After you get your "user" guns i.e., deer rifle, elk rifle, muzzy, couple shotguns, then you can, if any left over, buy some collector pieces. Always buy items you like, for example, if you like hunting rifle, buy hunting rifles, etc. Keep in mind that certain firearms are not now and never will increase in value. Very few foreign made firearms are good collectors here in America. Buy Winchesters, Marlins, Colts, S&W's, no odd ball calibers, and buy the prettiest ones you can afford. These guns can stay in the safe, the good stuff will increase in value over time, and guess what, you can take them hunting. It's pretty cool to take an animal with a vintage piece.


----------



## DallanC (Jan 13, 2009)

There are hardly any new "modern" guns that I care about, I would however love to get some authentic older fireable historical guns, such as a Springfield trapdoor, a 1883 45-70 etc etc, colt navy revolver etc.

Edit: This one would have worked

http://www.icollector.com/Exceptional-Model-1883-Winchester-Hotchkiss-Bolt-Action-Rifle_i11406184

-DallanC


----------



## Critter (Mar 20, 2010)

I am a little practical and would love to start with a couple of Henry rifles from the 1800's along with the Winchesters of that era. 

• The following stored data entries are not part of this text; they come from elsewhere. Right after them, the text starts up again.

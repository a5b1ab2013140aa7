-- ===== src/Upload.antt =====
-- upload.go: reading the request body, plain JSON or a multipart form with file parts.
pub mod Laws
use editrig_go.Base.{
  ℕ, suc, ◌+◌, ◌-◌, Bool, true, false, Option, none, some, List, [], ◌∷◌, ◌++◌, String, ◌==◌,
  if◌then◌else◌, leb, ltb,
}
use editrig_go.Text.{has_prefix, cut_prefix, equal_fold}
use editrig_go.Map.{Map, lookup, insert, copy_into}
use editrig_go.Json.{
  Value, null, obj, Data, Raw, absent, malformed, doc, members, object_of, or_nil, Upload,
}
use editrig_go.Errors.{Failure, max_bytes, plain, is_too_large}
use editrig_go.Config.{BodyLimits, defaults, to_ℕ}
use editrig_go.Http.{
  Token, value, broken, Read, FilePart, Form, Body, Request, Exec, Step, go, World, pure, crash,
  ◌>>=◌,
}

abbrev pub file_part_prefix : String
file_part_prefix = "file:"

abbrev pub err_body_too_large : Failure
err_body_too_large = plain "body too large"

abbrev pub err_malformed_multipart : Failure
err_malformed_multipart = plain "malformed multipart body"

-- The texts of encoding/json errors, without the offsets and Go types that they name.
abbrev pub err_json_type : Failure
err_json_type = plain "json: cannot unmarshal"

abbrev pub err_json_syntax : Failure
err_json_syntax = plain "invalid character"

-- The body is refused with a status, or read: `data` (nil or a map), the files by field, and
-- whether a form's temporary files are left for the caller's cleanup.
pub data Decoded : Type 0 where
  rejected : ℕ → Failure → Decoded
  decoded : Option Data → Map (List Upload) → Bool → Decoded

abbrev pub or_empty : Option Data → Data
or_empty none = []
or_empty (some d) = d

-- Decoding a value into the field `Data`: null empties it, an object adds its entries to those that
-- are there, and all else is a type error.
abbrev data_value : Value → Option Data → Option (Option Data)
data_value null read = some none
data_value (obj ms) read = some (some (copy_into (members ms) (or_empty read)))
data_value v read = none

-- The members in their order; encoding/json matches the name of a field in any case.
unfoldable pub data_from : Data → Option Data → Option (Option Data)
data_from [] read = some read
data_from ((key, v) ∷ rest) read =
    if equal_fold key "data"
    then elim (data_value v read) [ none ↦ none | some next ↦ data_from rest next ]
    else data_from rest read

-- Decoding a value into `requestBody`; the outer `none` is a type error.
unfoldable pub request_data : Value → Option (Option Data)
unfolding data_from
request_data v = elim (object_of v) [ none ↦ none | some top ↦ data_from top none ]

-- One call of the decoder on a body cut at `limit` bytes.
pub data Outcome : Type 0 where
  found : Value → Outcome
  at_end : Outcome
  trouble : Failure → Outcome

abbrev token_outcome : Token → Outcome
token_outcome (value v) = found v
token_outcome (broken text) = trouble (plain text)

unfoldable pub read_at : ℕ → ℕ → List Read → Outcome
read_at limit size [] = if leb size limit then at_end else trouble max_bytes
read_at limit size (r ∷ rest) =
    if leb r.upto limit then token_outcome r.token else trouble max_bytes

abbrev later : List Read → List Read
later [] = []
later (r ∷ rest) = rest

-- `decodeJSONBody`: the data, or the error.
pub data JsonBody : Type 0 where
  body : Option Data → JsonBody
  bad : Failure → JsonBody

abbrev second_read : Option Data → Outcome → JsonBody
second_read payload (found v) = bad (plain "expected a single JSON object")
second_read payload at_end = body payload
second_read payload (trouble f) = bad f

abbrev first_read : Outcome → Outcome → JsonBody
first_read (trouble f) next = bad f
first_read at_end next = bad (plain "EOF")
first_read (found v) next = elim (request_data v) [
  | none ↦ bad err_json_type
  | some payload ↦ second_read payload next
]

unfoldable pub decode_json_body : ℕ → Body → JsonBody
decode_json_body limit b =
    first_read (read_at limit b.size b.reads) (read_at limit b.size (later b.reads))

abbrev plain_result : JsonBody → Decoded
plain_result (body payload) = decoded payload [] false
plain_result (bad f) = if is_too_large f then rejected 413 err_body_too_large else rejected 400 f

-- The "payload" part: `none` is an error of the decoder.
abbrev payload_value : Option (List Raw) → Raw
payload_value none = absent
payload_value (some []) = absent
payload_value (some (raw ∷ rest)) = raw

pub data Payload : Type 0 where
  payload : Data → Payload
  bad_payload : Failure → Payload

abbrev payload_of : Raw → Payload
payload_of absent = payload []
payload_of malformed = bad_payload err_json_syntax
payload_of (doc v) = elim (request_data v) [
  | none ↦ bad_payload err_json_type
  | some read ↦ payload (or_empty read)
]

pub data Files : Type 0 where
  files : Map (List Upload) → Files
  bad_file : Failure → Files

abbrev append_upload : String → Upload → Map (List Upload) → Map (List Upload)
append_upload field up m = insert field (or_nil (lookup field m) ++ up ∷ []) m

-- The loop over the parts of one name.
unfoldable pub read_parts : String → List FilePart → Map (List Upload) → Files
read_parts field [] m = files m
read_parts field (part ∷ parts) m = elim part.content [
  | none ↦ bad_file (plain part.trouble)
  | some bytes ↦ read_parts field parts (
      append_upload field (record { filename = part.filename; mime = part.mime; content = bytes })
        m)
]

-- The loop over the names of the file parts.
unfoldable pub read_files : Map (List FilePart) → Map (List Upload) → Files
read_files [] m = files m
read_files ((name, parts) ∷ rest) m = elim (cut_prefix name file_part_prefix) [
  | none ↦ read_files rest m
  | some field ↦ elim (read_parts field parts m) [
    | files next ↦ read_files rest next
    | bad_file f ↦ bad_file f
  ]
]

module _ {S : Type 0} where
  -- `cleanup()`.
  unfoldable pub remove_all : Exec S (Unit {0})
  remove_all w = (go tt, record w { open_forms = w.open_forms - 1 })

  -- A form was parsed: its temporary files are on disk.
  unfoldable pub open_form : Exec S (Unit {0})
  open_form w = (go tt, record w { open_forms = w.open_forms + 1 })

  unfoldable pub reject_form : ℕ → Failure → Exec S Decoded
  reject_form status f = do _ ← remove_all; pure (rejected status f)

  abbrev with_files : Data → Files → Exec S Decoded
  with_files input (bad_file f) = reject_form 400 f
  with_files input (files m) = pure (decoded (some input) m true)

  abbrev with_payload : Form → Payload → Exec S Decoded
  with_payload form (bad_payload f) = reject_form 400 f
  with_payload form (payload input) = with_files input (read_files form.files [])

  -- What follows a successful parse: the epilogue, the payload part, the file parts.
  unfoldable pub decode_form : ℕ → Body → Form → Exec S Decoded
  decode_form limit b form =
      if ltb limit b.size
      then reject_form 413 err_body_too_large
      else if b.tail_broken
      then reject_form 400 err_malformed_multipart
      else with_payload form (payload_of (payload_value (lookup "payload" form.values)))

  -- `ParseMultipartForm` parses the body also when the query is malformed, and reports the query's
  -- error afterwards: the form is then on disk, and the refusal has no cleanup.
  abbrev pub parsed_form : ℕ → Bool → Body → Option Form → Exec S Decoded
  parsed_form limit bad_query b none = pure (rejected 400 err_malformed_multipart)
  parsed_form limit bad_query b (some form) = do
    _ ← open_form
    (if bad_query then pure (rejected 400 err_malformed_multipart) else decode_form limit b form)

  unfoldable pub decode_multipart : ℕ → Bool → Body → Exec S Decoded
  decode_multipart limit bad_query b =
      if ltb limit b.form_upto
      then pure (rejected 413 err_body_too_large)
      else parsed_form limit bad_query b b.form

  abbrev pub decode_limited : Request → Option BodyLimits → Exec S Decoded
  decode_limited r none = crash
  decode_limited r (some l) =
      if has_prefix r.content_type "multipart/"
      then decode_multipart (to_ℕ l.multipart_bytes) r.bad_query r.body
      else pure (plain_result (decode_json_body (to_ℕ l.json_bytes) r.body))

  unfoldable pub decode_body : Request → BodyLimits → Exec S Decoded
  decode_body r limits = decode_limited r (defaults limits)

But for all intents and purposes I would love a collection of Ruger No 1's and 3's. Starting with the .22 Hornet and ending with a custom one in 460 Weatherby Mag and all of them in between, and they all would have to be shooters.

Now that would take up much more than $8000 but if you are going to dream dream big.


----------



## DallanC (Jan 13, 2009)

Critter said:


> But for all intents and purposes I would love a collection of Ruger No 1's and 3's. Starting with the .22 Hornet and ending with a custom one in 460 Weatherby Mag and all of them in between, and they all would have to be shooters.


That there is my #1 plan when I win the lottery. A #1 of every shape and size... better make it 2 of each, everyone needs a backup right?

PS: Is there anyone that specializes in rebarreling #1's? My 1V in 22-250 might need some love soon. +3500 *hot* rounds and to seat off the lands my bullets are less than 1/16th in the case, lol. Its fine for bench work but for hunting you bump'em and the bullets can sometimes fall out. Dang thing still can break a .3" group on a good day.

-DallanC


----------



## Critter (Mar 20, 2010)

I haven't heard of anyone that specializes on rebarreling #1 in a long time. A long time ago I read a article that recommended a smith but I can't remember who it was. 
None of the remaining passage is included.